This ancient technology is everywhere. A drive through, a parking lot, apartment entrance, sounds like someone is in a giant, empty can trying to get out. The echo-y “mwa mmnat frenzten?” voice that comes back at us is completely unintelligible but we continue to provide customer voice contact through these lousy speakers in a box. F’cryin’ out loud, even an iPhone is an amazing audio recorder or attach a cable from your iPhone to your TV set and get Netflix in pretty good HD; I mean we have the technology. So why are these crummy speakers-on-a-pole at the entrance of every parking lot or drive through? Did small speaker technology stop in 1940?
A couple hours ago I had an encounter with one of these talk-back systems and realized I often do the same thing with my “Cross Training room”, the garage. There is a weight bench, odd weights, bike resistance trainer, several bikes, resistance cables, along with several tons of old stuff that nobody ever needs or uses anymore. This old stuff takes up 90% of the space, leaving me with a tiny workout area that I can hardly maneuver through without hurting myself. It’s been like that for YEARS! My workout room is an ancient, unraveling, curiosity from some steam punk era that rivals the uselessness of the pole-mounted speakers.

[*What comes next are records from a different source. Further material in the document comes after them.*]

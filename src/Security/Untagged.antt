-- ===== src/Security/Untagged.antt =====
-- The packets whose tag `csm_sec_auth_decrypt` does not compare.
use cosemlib.Base.{
  ℕ, ◌+◌, ◌≤◌, ◌<◌, ◌≡◌, true, false, not, ◌&&◌, List, ◌∷◌, ◌++◌, none, arith, length, take,
  Returns, ◌>>=◌,
}
use cosemlib.Base.Words.{u32_mod, put_be32}
use cosemlib.Array.{Array, unread}
use cosemlib.Array.Bounds.{IsValid}
use cosemlib.Array.Consume.{skip, Ahead}
use cosemlib.Services.{Request}
use cosemlib.Security.{
  Gcm, Layout, sec_ok, authentication, encryption, decrypt_layout, auth_decrypt, decrypt_by,
  check_tag,
}
use cosemlib.Security.Cipher.{key, cipher_run, auth_decrypt_header, behind_header}

-- Such a layout names no tag, and stays inside the packet.
record IsUntagged (l : Layout) (n : ℕ) : Type 0 where
  tag_at : l.tag_at ≡ none
  retcode : l.retcode ≡ sec_ok
  data_inside : l.data_size ≤ n
  aad_inside : l.aad_size ≤ 17

decrypt_layout-IsUntagged :
    (sc n : ℕ)
    → authentication sc && not (encryption sc) ≡ false
    → (authentication sc ≡ true → 12 < n)
    → IsUntagged (decrypt_layout sc n) n
unfolding decrypt_layout
decrypt_layout-IsUntagged sc n other long = ground (arith, long)

module _ {G : Type 0} (gcm : Gcm G) (request : Request) where
  -- A packet whose control byte does not ask for authentication alone is accepted whatever bytes follow
  -- its header, the tag included: with at least 12 bytes before it in a buffer that it does not fill, a key
  -- of 16 bytes and, where the byte asks for authentication too, more than 12 bytes behind the header.
  pub auth_decrypt_untagged :
      (title : List ℕ) (sc ic sc_junk ic_junk : ℕ) (body : List ℕ) (a : Array) (ctx : G)
      → IsValid a
      → Ahead (sc ∷ (put_be32 ic ++ body)) a
      → unread a ≡ 5 + length body
      → (authentication sc ≡ true → 12 < length body)
      → ic < u32_mod
      → authentication sc && not (encryption sc) ≡ false
      → length (key gcm request) ≡ 16
      → 12 ≤ a.offset + a.rd_index
      → Returns
          (auth_decrypt gcm request title sc_junk ic_junk (record { array = a; context = ctx }))
          (λ r s. r ≡ sec_ok)
  unfolding put_be32 unread decrypt_by check_tag
  auth_decrypt_untagged title sc ic j k body a ctx v h n long small other kl room =
      let b = skip 4 (skip 1 a) in
      let (vb, behind) = behind_header sc ic body v h in
      let size : unread b ≡ length body = ground (arith, n) in
      let l = decrypt_layout sc (length body) in
      let u = decrypt_layout-IsUntagged sc (length body) other long in
      let iv = take 8 title ++ put_be32 ic in
      let run =
        cipher_run gcm request true iv sc l b ctx vb kl (omega (arith, room))
          (omega (arith, room, behind.inside, v.fits, u.aad_inside))
          (omega (arith, behind.inside, v.fits, u.data_inside)) in
      rw
        (
          auth_decrypt_header gcm request title sc ic j k body a ctx v h small,
          size,
          decrypt_by,
          ◌>>=◌,
          run,
          check_tag,
          u.tag_at,
          size,
        )
        u.retcode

So Today Is the Day! Armed with HelloKitty pink sticky notes the stuff is slowly getting labelled as FreeCycle material. Really all it takes is letting go of attachments to stuff we don’t need or situations that are unhealthy. I will have a training area for me, and others if they need it, that has no extra TV sets and monitors, unused track lights, boxes of tiles, hospital walkers, and a million other things that have no logical connection to anything else. Finally the space can become an actual workout area that looks like it used to be a garage. That’s the new trend, you know; a place that looks like it used to be something else. I’m so excited that (after a few pickup truck loads) the garage will no longer be a dysfunctional mumbling drive-in speaker, but my version of a health improvement center. Sometimes it’s just necessary to do the next thing and get off the dime.